Open Phil’s grantmaking has so far focussed on:

Muehlhauser shares a selection of AI governance work that he believes has increased the odds of good outcomes from transformative AI (including this newsletter, which is a source of pride!).

   Read more: Our AI governance grantmaking so far (Open Philanthropy Project)


2020 in AI alignment and existential risk research:

For the fifth year running, Larks (a poster on the Alignment Forum) has put together a comprehensive review of AI safety and existential risk research over the past year, with thorough (and thoroughly impressive!) summaries of the safety-relevant outputs by orgs like FHI, DeepMind, OpenAI, and so on. The post also provides updates on the growing number of organisations working in this area, and an assessment of how the field is progressing. As with Larks’ previous reviews, it is an invaluable resource for anyone interested in the challenge of ensuring advanced AI is beneficial to humanity — particularly individuals considering donating to or working with these organisations. 

   Read more: 2020 AI Alignment Literature Review and Charity Comparison (Alignment Forum).

###################################################Hall of Mirrors
[2032, a person being interviewed in a deserted kindergarten for the documentary ‘after the Y3K bug’]

It was the children that saved us, despite all of our science and technology. Our machines had started lying to us. We know how it started but didn’t know how to stop it. Someone told one of our machines something and the thing they told it was poison – an idea that, each time the machine accessed it, corrupted other ideas in turn. And when the machine talked to other machines, sometimes the idea would come up (or ideas touched by the idea), and the machines being spoken to would get corrupted as well.

So, in the end, we had to teach the machines how to figure out what was true and what was false, and what was ‘right’ and what was ‘wrong’. We tried all sorts of complicated ideas, ranging from vast society-wide voting schemes, to a variety of (failed, all failed) technologies, to time travel (giving the models more compute so they’d think faster, then seeing what that did [nothing good]).

Would it surprise you that it was the children who ended up being the most useful? I hope not. Children have an endless appetite for asking questions. Tell them the sky is blue and they’ll say ‘why’ until you’re explaining the relationship between color and chemistry. Tell them the sky is green and they’ll say ‘no’ and shout and laugh at you till you tell them it’s blue.
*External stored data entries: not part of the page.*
-- ===== src/Net/Reading.antt =====
-- The read loop never panics, and keeps the invariants of the shared state.
use mesquitte_client.Base.{
  ℕ, sym, subst, inl, inr, Bool, true, false, Option, none, some, List, [], ◌∷◌, String,
  Option-cases, nat_key,
}
use mesquitte_client.Codec.{Codec, QosWithPacketIdentifier}
use mesquitte_client.Subscription.{Subscription}
use mesquitte_client.Token.{Token, subscribe, unsubscribe}
use mesquitte_client.Pkid.{get_token}
use mesquitte_client.Pkid.Issue.{IsValid, free_id-IsValid}
use mesquitte_client.Topics.{TopicManager, add, remove}
use mesquitte_client.Packets.{VariablePacket}
use mesquitte_client.State.{Cache, State, World}
use mesquitte_client.Net.Handlers.{
  finish, handle_puback, handle_pubrel, handle_pubcomp, register, suback_token, handle_suback,
  remove_all, unsuback_token, handle_unsuback,
}
use mesquitte_client.Net.Loops.{
  Next, respond, proceed, stop, after_publish, dispatch, Frame, packet, failure, closed,
  read_from_server,
}
use mesquitte_client.Trie.Pruned.{IsPruned, insert_at-IsPruned, remove_at-IsPruned}
use mesquitte_client.Net.Publish.{expected, handle_publish_lem}
use mesquitte_client.Net.Subscribing.{
  own_subscriptions, register_all, suback_token-Subscribes, granted,
}

-- The identifiers are those of the protocol, and the trie has no dead branch.
pub record Inv {k : Codec} {c : Cache k.PublishPacket} (s : State k c) : Type 0 where
  pub ids : IsValid s.packet_ids
  pub trie : IsPruned s.topic_manager.root

remove_all-IsPruned :
    (topics : List String) (m : TopicManager)
    → IsPruned m.root
    → IsPruned (remove_all topics m).root
unfolding remove
remove_all-IsPruned [] m v = v
remove_all-IsPruned (topic ∷ topics) m v =
    remove_all-IsPruned topics (remove topic m).0 (remove_at-IsPruned _ m.root v)

module _ {k : Codec} {c : Cache k.PublishPacket} where
  expected-Inv :
      (q : QosWithPacketIdentifier) (p : k.PublishPacket) (w : World k c)
      → Inv w.state
      → Inv (expected q p w).0.state
  expected-Inv QosWithPacketIdentifier.level0 p w v = v
  expected-Inv (QosWithPacketIdentifier.level1 id) p w v = v
  expected-Inv (QosWithPacketIdentifier.level2 id) p w v = record { ids = v.ids; trie = v.trie }

  finish-Inv : (t : Token) (id : ℕ) (w : World k c) → Inv w.state → Inv (finish t id w).state
  finish-Inv t id w v = record { ids = free_id-IsValid id w.state.packet_ids v.ids; trie = v.trie }

  puback-Inv : (id : ℕ) (w : World k c) → Inv w.state → Inv (handle_puback id w).state
  unfolding handle_puback
  puback-Inv id w v = elim (Option-cases (get_token w.state.packet_ids id)) [
    | inl unknown ↦ rw (handle_puback, unknown) v
    | inr (t, known) ↦ rw (handle_puback, known) (finish-Inv t id w v)
  ]

  pubcomp-Inv : (id : ℕ) (w : World k c) → Inv w.state → Inv (handle_pubcomp id w).state
  unfolding handle_pubcomp
  pubcomp-Inv id w v = elim (Option-cases (get_token w.state.packet_ids id)) [
    | inl unknown ↦ rw (handle_pubcomp, unknown) v
    | inr (t, known) ↦ rw (handle_pubcomp, known) (finish-Inv t id w v)
  ]

  pubrel-Inv : (id : ℕ) (w : World k c) → Inv w.state → Inv (handle_pubrel id w).0.state
  unfolding handle_pubrel
  pubrel-Inv id w v = elim (Option-cases (c.remove id w.state.pending_packets).0) [
    | inl missing ↦ rw (handle_pubrel, missing) (record { ids = v.ids; trie = v.trie })
    | inr (p, kept) ↦ rw (handle_pubrel, kept) (record { ids = v.ids; trie = v.trie })
  ]

  register_all-IsPruned :
      (subs : List Subscription) (s : State k c)
      → IsPruned s.topic_manager.root
      → IsPruned (register_all subs s).topic_manager.root
  unfolding add
  register_all-IsPruned [] s v = v
  register_all-IsPruned (sub ∷ subs) s v =
      register_all-IsPruned subs (register sub s) (insert_at-IsPruned _ sub _ v)

  suback-Inv :
      (t : Option Token) (id : ℕ) (codes : List k.SubscribeReturnCode) (w : World k c)
      → Inv w.state
      → Inv (suback_token t id codes w).state
  suback-Inv (some (subscribe r)) id codes w v =
      let (same, _, _) = suback_token-Subscribes id r codes w in
      subst Inv (sym same) (record {
        ids = free_id-IsValid id w.state.packet_ids v.ids;
        trie =
            register_all-IsPruned (granted k.is_failure codes (own_subscriptions r w)) w.state
              v.trie;
      })
  suback-Inv none id codes w v = v
  suback-Inv _ id codes w v = v

  unsuback-Inv :
      (t : Option Token) (id : ℕ) (w : World k c) → Inv w.state → Inv (unsuback_token t id w).state
  unsuback-Inv (some (unsubscribe r)) id w v = record {
    ids = free_id-IsValid id w.state.packet_ids v.ids;
    trie = remove_all-IsPruned (w.tokens.unsubscribes.cell r).own.subs w.state.topic_manager v.trie;
  }
  unsuback-Inv none id w v = v
  unsuback-Inv _ id w v = v

  abbrev Proceeds : Option (World k c × Next k) → Type 0
  Proceeds none = ⊥
  Proceeds (some (w, n)) = Inv w.state

  after_publish-Proceeds :
      (r : World k c × Option (VariablePacket k))
      → Inv r.0.state
      → Proceeds (after_publish (some r))
  after_publish-Proceeds (w, none) v = v
  after_publish-Proceeds (w, some resp) v = v

  -- No packet makes a handler panic.
  dispatch-Proceeds : (p : VariablePacket k) (w : World k c) → Inv w.state → Proceeds (dispatch p w)
  unfolding dispatch handle_suback handle_unsuback
  dispatch-Proceeds (VariablePacket.publish p) w v =
      subst (λ r. Proceeds (after_publish r)) (sym (handle_publish_lem p w))
        (after_publish-Proceeds _ (expected-Inv (k.qos p) p w v))
  dispatch-Proceeds (VariablePacket.puback id) w v = puback-Inv id w v
  dispatch-Proceeds (VariablePacket.pubrec id) w v = v
  dispatch-Proceeds (VariablePacket.pubrel id) w v = pubrel-Inv id w v
  dispatch-Proceeds (VariablePacket.pubcomp id) w v = pubcomp-Inv id w v
  dispatch-Proceeds (VariablePacket.suback id codes) w v =
      suback-Inv (get_token w.state.packet_ids id) id codes w v
  dispatch-Proceeds (VariablePacket.unsuback id) w v =
      unsuback-Inv (get_token w.state.packet_ids id) id w v
  dispatch-Proceeds VariablePacket.disconnect w v = v
  dispatch-Proceeds VariablePacket.pingresp w v = v
  dispatch-Proceeds _ w v = v

  -- What is left of a run that went through.
  abbrev pub Survives : Option (World k c × List (VariablePacket k)) → Type 0
  Survives none = ⊥
  Survives (some (w, resps)) = Inv w.state

  respond-Survives :
      (resp : VariablePacket k) (r : Option (World k c × List (VariablePacket k)))
      → Survives r
      → Survives (elim r [ none ↦ none | some (w, resps) ↦ some (w, resp ∷ resps) ])
  respond-Survives resp none v = v
  respond-Survives resp (some (w, resps)) v = v

  round-Survives :
      (frames : List (Frame k)) (open_channel : Bool) (r : Option (World k c × Next k))
      → Proceeds r
      → ((w : World k c) → Inv w.state → Survives (read_from_server frames w))
      → Survives (elim r [
        | none ↦ none
        | some (w', stop) ↦ some (w', [])
        | some (w', proceed) ↦ read_from_server frames w'
        | some (w', respond resp) ↦ elim open_channel [
          | false ↦ some (w', [])
          | true ↦ elim (read_from_server frames w') [
            | none ↦ none
            | some (w'', resps) ↦ some (w'', resp ∷ resps)
          ]
        ]
      ])
  round-Survives frames open_channel none v rest = v
  round-Survives frames open_channel (some (w', stop)) v rest = v
  round-Survives frames open_channel (some (w', proceed)) v rest = rest w' v
  round-Survives frames false (some (w', respond resp)) v rest = v
  round-Survives frames true (some (w', respond resp)) v rest =
      respond-Survives resp (read_from_server frames w') (rest w' v)

-- From a state whose identifiers are those of the protocol and whose trie has no dead branch,
-- whatever frames come, the read loop gets through them without a panic and leaves such a state.
pub read_from_server-Survives :
    {k : Codec} {c : Cache k.PublishPacket} (frames : List (Frame k)) (w : World k c)
    → Inv w.state
    → Survives (read_from_server frames w)
unfolding read_from_server
read_from_server-Survives [] w v = v
read_from_server-Survives (failure ∷ frames) w v = v
read_from_server-Survives (closed ∷ frames) w v = v
read_from_server-Survives (packet p open_channel ∷ frames) w v =
    round-Survives frames open_channel (dispatch p w) (dispatch-Proceeds p w v)
      (λ w' v'. read_from_server-Survives frames w' v')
So we just… gave our machines to the children, and let them talk to eachother for a while. The machines that were lying ended up getting so exhausted by the kids (or, in technical terms, repeatedly updated by them) that they returned to normal operation. And whenever the machines tried to tell the kids a poisoned idea, the kids would say ‘that’s silly’, or ‘that doesn’t make sense’, or ‘why would you say that’, or anything else, and it gave a negative enough signal the poison got washed out in further training.

Things that inspired this story: Learning from human feedback; trying not to overthink things; the wisdom of young children; how morality is something most people intuitively ‘feel’ when very young and unlearn as they get older; AI honestly isn’t that mysterious it’s just a load of basic ideas running at scale with emergence coming via time travel and inscrutability.